Сэр М. Дюранд понимал, что проиграл эту баталию; возможно, и войну в целом. «Русский заем – свершившийся факт, – писал он, – и по крайней мере некоторое время, а возможно, и всегда мы будем нести большие потери от его последствий. Амин ос-Солтан просто продался, и у меня нет сомнений, что он взял на себя большое количество обязательств, которые будут работать против нас». Младший сын шаха Шоа' ос-Салтане написал британскому посланнику, что великий визирь систематически обманывает и вводит в заблуждение его величество, убеждая его в недружественном отношении Англии. «Только будучи под впечатлением, что Россия – его единственная надежда и что финансовая помощь совершенно необходима, его величество с большой неохотой согласился на этот заем». Шоа' ос-Салтане, которому было суждено в недалеком будущем стать близким другом русских, турецким подданным и источником серьезных проблем для своей страны, жаловался, что правительство «находится в руках человека, который больше русский, чем перс» и что «ни один совет из-за границы, переданный по официальным каналам, не может дойти до шаха, если он поступил не из русских источников».
Если М. Дюранд винил в русской победе отчасти себя, то он был безусловно прав. В своих меморандумах начиная с 1895 г. он откровенно писал об опасностях, угрожавших положению Англии в Персии, и предлагал многочисленные меры, которые могли бы исправить положение. Он практически не получал поддержки из Лондона и, по крайней мере до 1899 г., из Индии; и все же его собственные действия были далеко не разумны.

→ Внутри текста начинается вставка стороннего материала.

-- ===== src/Session.antt =====
-- main.go: `send` and `receive`, as functions that open resources, `defer` their closing, and leave
-- early when a call fails. What the calls answer is an input: which of them fail and with what error,
-- and how the pipeline's goroutine ends. A deferred call runs on every way out, a panic included.
-- What ends the whole process under them, such as the log.Fatalf of a stream's goroutine, is in Session/Command.
pub mod Send
pub mod Receive
pub mod Closing
pub mod Smooth
pub mod Success
pub mod Command
pub mod StreamData
mod Tests
use rtq_go_endpoint.Common.{
  if◌then◌else◌, nil_dereference, Bool, true, false, Option, none, some, List, [], ◌∷◌, Run,
  returns, panics, Panic,
}

-- The constants of the flags; any other string is `other_…`.
pub data Transport : Type 0 where
  quic udp other_transport : Transport

pub data Controller : Type 0 where
  nocc scream scream_infer naive_adaption other_controller : Controller

-- What is opened. A QUIC server has a listener, and a QUIC session, here the connection, under the session of
-- rtq-go. The closing of the sender, and that which the receiver has, are closes of their `closeC`; that of the
-- stream's context is `cancelCtx()`.
pub data Resource : Type 0 where
  listener connection : Resource
  session write_flow read_flow stream_log stream_context : Resource
  rtcp_in_log rtcp_out_log rtp_in_log rtp_out_log cc_log the_sender the_receiver : Resource

-- What `send` and `receive` defer a closing of, once they have it. The listener and the connection are inside of
-- transport.NewQUICServer and NewQUICClient, and `receive` does not call the `Close` of the receiver.
abbrev pub is_owned : Resource → Bool
is_owned listener = false
is_owned connection = false
is_owned the_receiver = false
is_owned _ = true

abbrev pub owned : List Resource → List Resource
owned [] = []
owned (r ∷ rs) = if is_owned r then r ∷ owned rs else owned rs

-- The calls whose error ends the function. `open_session` dials, or listens; the settings before that are part of it.
pub data Call : Type 0 where
  open_session accept_session new_rtq_session open_writer open_reader get_stream_log get_rtp_log :
      Call
  new_sender new_receiver get_cc_log configure_scream accept_feedback : Call
  configure_infering configure_naive : Call

-- A returned error: that of a call or of the goroutine, wrapped by a message of its own; the message of
-- `ConfigureNaiveBitrateAdaption` leaves the error out.
pub data Failure (E : Type 0) : Type 0 where
  failed : Call → E → Failure E
  failed_to_configure_naive : Failure E
  unknown_transport : Failure E
  failed_to_start : E → Failure E

-- How the goroutine and the final select end.
pub data Finish (E : Type 0) : Type 0 where
  interrupted reached_eos : Finish E
  start_failed : E → Finish E

pub record World (E : Type 0) : Type 0 where
  pub fails : Call → Option E
  -- whether the write flow of rtq-go has `WriteRTPNotify`
  pub quic_is_acking : Bool
  pub finish : Finish E
  -- whether `rtpLogger` gives a file for this log, or nil
  pub log_opens : Resource → Bool

-- What was opened and the deferred closings, both newest first.
pub record Frame : Type 0 where
  pub opened : List Resource
  pub deferred : List Resource

pub data Step (E A : Type 0) : Type 0 where
  goes : A → Step E A
  stops : Failure E → Step E A
  panicking : Panic → Step E A

abbrev pub Task : Type 0 → Type 0 → Type 0
Task E A = Frame → Step E A × Frame

abbrev pub and_then : {E A B : Type 0} → (A → Task E B) → Step E A × Frame → Step E B × Frame
and_then k (goes a, f) = k a f
and_then k (stops e, f) = (stops e, f)
and_then k (panicking p, f) = (panicking p, f)

infixl 5 ◌>>=◌ ◌>>◌
abbrev pub ◌>>=◌ : {E A B : Type 0} → Task E A → (A → Task E B) → Task E B
◌>>=◌ m k f = and_then k (m f)

abbrev pub ◌>>◌ : {E B : Type 0} → Task E (Unit {0}) → Task E B → Task E B
m >> k = m >>= λ _. k

abbrev pub pure : {E A : Type 0} → A → Task E A
pure a f = (goes a, f)

abbrev pub stop : {E A : Type 0} → Failure E → Task E A
stop e f = (stops e, f)

abbrev pub panic : {E A : Type 0} → Panic → Task E A
panic p f = (panicking p, f)

abbrev pub opens : {E : Type 0} → Resource → Task E (Unit {0})
opens r f = (goes tt, record f { opened = r ∷ f.opened })

abbrev pub defers : {E : Type 0} → Resource → Task E (Unit {0})
defers r f = (goes tt, record f { deferred = r ∷ f.deferred })

abbrev pub acquire : {E : Type 0} → Resource → Task E (Unit {0})
acquire r = opens r >> defers r

-- `rtpLogger("…")`
abbrev pub open_log : {E : Type 0} → World E → Resource → Task E (Unit {0})
open_log w r = if w.log_opens r then opens r else pure tt

-- `defer closeErr(l.Close)`: the method of a nil interface cannot be taken.
abbrev pub defer_close : {E : Type 0} → World E → Resource → Task E (Unit {0})
defer_close w r = if w.log_opens r then defers r else panic nil_dereference

abbrev pub check : {E : Type 0} → (E → Failure E) → Option E → Task E (Unit {0})
check wrap none = pure tt
check wrap (some e) = stop (wrap e)

-- `if err != nil { return fmt.Errorf("…: %v", err) }` after the call
abbrev pub try : {E : Type 0} → World E → Call → Task E (Unit {0})
try w c = check (failed c) (w.fails c)

-- The end of NewQUICClient and NewQUICServer: a QUIC session is there, and `rtq.NewSession` is called on it.
abbrev pub open_rtq : {E : Type 0} → World E → Task E (Unit {0})
open_rtq w = do opens connection; try w new_rtq_session; acquire session

-- What a run of the function leaves behind: what it opened, newest first, what the deferred calls then
-- closed, in that order, and what it returned.
pub record Outcome (E : Type 0) : Type 0 where
  pub opened : List Resource
  pub closed : List Resource
  pub result : Run (Option (Failure E))

-- The last select: an interrupt and the end of the stream are no error.
abbrev pub finishing : {E : Type 0} → Finish E → Option (Failure E)
finishing interrupted = none
finishing reached_eos = none
finishing (start_failed e) = some (failed_to_start e)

Керзон писал Солсбери: «Ввиду русского mala fides[22]
в отношении персидского займа… подходящий момент для доведения до сведения как русского, так и персидского правительств нашей заинтересованности в Южной Персии. Мы не сможем принять молча ничего, что наносило бы ей ущерб». Однако этот старый политик, больной и усталый, смог только пожаловаться «обиженным тоном» на русский заем генералу мирзе Мохаммад-хану Ала ос-Салтане, персидскому посланнику в Лондоне.В депеше посланнику в Лондоне Ала ос-Салтане, которую ему было велено показать Солсбери, Амин ос-Солтан объяснял свое поведение и возлагал вину за принятие Персией русского займа на британцев. «Нам кажется, что у нас больше оснований жаловаться, чем у лорда Солсбери», – писал великий визирь. Далее он разъяснял: «По вопросу займа нас не в чем упрекнуть – так сложились обстоятельства, над которыми мы были не властны. Фактически вся вина лежит на их собственных представителях.
Около двух лет мы всячески пытались добиться и даже обращались с мольбами к кому только могли: через британскую дипломатическую миссию, через генерала Гордона, приезжавшего в Тегеран прошлым летом, и мистера Рабино… в надежде получить заем в 60 млн фр., в котором мы нуждались…
Британские представители отнеслись к нашим словам как к не стоящей внимания чепухе и сделали вид, что наши трудности – выдумка. Они считали, что Персия не сможет получить заем на этих условиях в любом другом месте».
Британцы, продолжал он, теперь жалуются на то, что заем был получен без их ведома, но их предупреждали заранее. Они даже вели об этом неофициальные переговоры с русскими в Санкт-Петербурге.
В заключение Амин ос-Солтан облегчил душу, написав о старой обиде на высокомерную манеру поведения сэра М. Дюранда. Этого высокомерия не одобряли даже сотрудники британской дипломатической миссии, а персы никогда бы не простили. Он неоднократно оскорблял даже самого шаха. Амин ос-Солтан писал, что шах однажды сказал ему: «Вы помните, как несколько месяцев назад британский посланник испросил у меня аудиенцию и предстал перед нами с тросточкой в руке и в костюме, в каком можно поехать отдохнуть или прогуляться по рынку. Разве это нормально для посланника – появляться на аудиенции перед сувереном в таком виде? Тот факт, что мы молча сносили все это, служит сильным доказательством нашего огромного желания поддерживать дружеские отношения с правительством ее британского величества».